A few years ago Australian artist Jack Feldstein created a gorgeous animation for a poem by murdered poet Peretz Markish:
By the time you read this Tisha B’Av will be over and no matter where you are you can get back to the best part of summer: binge-watching cotton-candy TV.
This summer I’m all about GLOW, the new Netflix show about women’s wrestling. GLOW is set in the ’80s and (to be accurate to the ’80s zeitgeist) includes Russian-American culture clash. In the real ’80s, TV and movies was full of Russians, our favorite other, the ultimate heel, as they say on GLOW.
But those Russians were always written from the outside in. In the fake ’80s of GLOW, the Russian immigrants in Van Nuys get to speak for themselves, specifically through the character of Gregory, the GLOW motel manager. No spoiler, but there’s an adult Russian Jewish circumcision subplot that’s probably my favorite thing about summer TV so far. And not just because it involves an impromptu Yentl tribute.
Watch: The National Theater’s live production of Angels in America is coming to movie theaters, probably the most crucial ’80s-inspired must-see of the summer, Thursday, Aug. 17, through Sunday, Aug. 20, at IFC Center.

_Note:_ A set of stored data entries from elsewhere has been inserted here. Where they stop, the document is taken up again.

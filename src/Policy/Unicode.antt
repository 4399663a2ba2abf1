-- ===== src/Policy/Unicode.antt =====
-- What internal/policy/search.go uses of the packages unicode/utf8, unicode and strings: a string
-- as its runes, white space, the category Cf of Unicode 15, and the fields of a string.
use web_scraper.Base.{
  ℕ, zero, suc, ◌+◌, ◌-◌, ◌*◌, Bool, true, false, ◌&&◌, ◌||◌, Option, none, some, List, [], ◌∷◌,
  ◌++◌, ◌/◌, ◌%◌, Text, leb, ltb, ◌==◌, if◌then◌else◌,
}

-- A string's runes. It has the same shape as its bytes.
abbrev pub Runes : Type 0
Runes = List ℕ

-- What the first byte of a rune says: the rune itself; or the number of bytes that follow, the bits
-- so far, and the range of the second byte.
pub data Lead : Type 0 where
  ascii bad : Lead
  more : ℕ → ℕ → ℕ → ℕ → Lead

unfoldable lead : ℕ → Lead
lead c =
    if ltb c 0x80
    then ascii
    else if ltb c 0xC2
    then bad
    else if ltb c 0xE0
    then more 1 (c - 0xC0) 0x80 0xBF
    else if c == 0xE0
    then more 2 0 0xA0 0xBF
    else if c == 0xED
    then more 2 0xD 0x80 0x9F
    else if ltb c 0xF0
    then more 2 (c - 0xE0) 0x80 0xBF
    else if c == 0xF0
    then more 3 0 0x90 0xBF
    else if ltb c 0xF4
    then more 3 (c - 0xF0) 0x80 0xBF
    else if c == 0xF4
    then more 3 4 0x80 0x8F
    else bad

abbrev cons_some : ℕ → Option Runes → Option Runes
cons_some r none = none
cons_some r (some rs) = some (r ∷ rs)

unfoldable decode_from : ℕ → ℕ → ℕ → ℕ → Text → Option Runes
unfolding lead
decode_from zero v lo hi [] = some []
decode_from (suc m) v lo hi [] = none
decode_from zero v lo hi (c ∷ s) = elim (lead c) [
  | ascii ↦ cons_some c (decode_from 0 0 0 0 s)
  | bad ↦ none
  | more m v' lo' hi' ↦ decode_from m v' lo' hi' s
]
decode_from (suc m) v lo hi (c ∷ s) = elim (leb lo c && leb c hi) [
  | false ↦ none
  | true ↦ elim m [
    | zero ↦ cons_some (v * 64 + (c - 0x80)) (decode_from 0 0 0 0 s)
    | suc k ↦ decode_from (suc k) (v * 64 + (c - 0x80)) 0x80 0xBF s
  ]
]

-- The runes of a valid UTF-8 text; `none` is `!utf8.ValidString`.
unfoldable pub decode : Text → Option Runes
unfolding decode_from
decode s = decode_from 0 0 0 0 s

-- unicode.IsSpace
unfoldable pub is_space : ℕ → Bool
is_space c =
    (leb 9 c && leb c 13)
    || c == 0x20
    || c == 0x85
    || c == 0xA0
    || c == 0x1680
    || (leb 0x2000 c && leb c 0x200A)
    || c == 0x2028
    || c == 0x2029
    || c == 0x202F
    || c == 0x205F
    || c == 0x3000

abbrev within : List (ℕ × ℕ) → ℕ → Bool
within [] c = false
within ((lo, hi) ∷ rs) c = (leb lo c && leb c hi) || within rs c

-- unicode.Cf
unfoldable pub is_format : ℕ → Bool
is_format = within (
    (0xAD, 0xAD)
    ∷ (0x600, 0x605)
    ∷ (0x61C, 0x61C)
    ∷ (0x6DD, 0x6DD)
    ∷ (0x70F, 0x70F)
    ∷ (0x890, 0x891)
    ∷ (0x8E2, 0x8E2)
    ∷ (0x180E, 0x180E)
    ∷ (0x200B, 0x200F)
    ∷ (0x202A, 0x202E)
    ∷ (0x2060, 0x2064)
    ∷ (0x2066, 0x206F)
    ∷ (0xFEFF, 0xFEFF)
    ∷ (0xFFF9, 0xFFFB)
    ∷ (0x110BD, 0x110BD)
    ∷ (0x110CD, 0x110CD)
    ∷ (0x13430, 0x1343F)
    ∷ (0x1BCA0, 0x1BCA3)
    ∷ (0x1D173, 0x1D17A)
    ∷ (0xE0001, 0xE0001)
    ∷ (0xE0020, 0xE007F)
    ∷ [])

-- the word that a scan is in, if it is in one, before the words that follow
abbrev pub end_word : Runes → List Runes → List Runes
end_word [] ws = ws
end_word (c ∷ w) ws = (c ∷ w) ∷ ws

-- strings.Fields, in the word `w`
unfoldable pub fields_from : Runes → Runes → List Runes
fields_from w [] = end_word w []
fields_from w (c ∷ s) = elim (is_space c) [
  | true ↦ end_word w (fields_from [] s)
  | false ↦ fields_from (w ++ c ∷ []) s
]

unfoldable pub fields : Runes → List Runes
unfolding fields_from
fields s = fields_from [] s

-- strings.Join with " "
unfoldable pub join : List Runes → Runes
join [] = []
join (w ∷ []) = w
join (w ∷ v ∷ ws) = w ++ 0x20 ∷ join (v ∷ ws)

-- string(rune)
abbrev encode_rune : ℕ → Text
encode_rune r =
    if ltb r 0x80
    then r ∷ []
    else if ltb r 0x800
    then (0xC0 + r / 64) ∷ (0x80 + r % 64) ∷ []
    else if ltb r 0x10000
    then (0xE0 + r / 4096) ∷ (0x80 + r / 64 % 64) ∷ (0x80 + r % 64) ∷ []
    else (0xF0 + r / 262144) ∷ (0x80 + r / 4096 % 64) ∷ (0x80 + r / 64 % 64) ∷ (0x80 + r % 64) ∷ []

-- the bytes of runes that are valid
unfoldable pub encode : Runes → Text
encode [] = []
encode (r ∷ rs) = encode_rune r ++ encode rs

ALSO: I’d rather be in Europe right now. In London, my dear friend, fiddler and master klezmer teacher Ilana Cravitz runs a regular klezmer jam session. The next one is coming up on Aug. 6 at a pub called The Harrison, 28 Harrison Street, WC1H 8JF. Aug. 6 is also when Klezfest London starts, and Ilana will be teaching there, too, along with many klezmer-world luminaries. A couple years ago I bought one of Anya Roz’s magnificently gruesome Judith and Holofernes portraits. I’ve been a fan ever since. This month Anya and her mother, sculptor Julia Segal, have a show in Berlin, Aug. 1-15, at Galerie Vinogradov.
Rokhl Kafrissen is a New York-based cultural critic and playwright.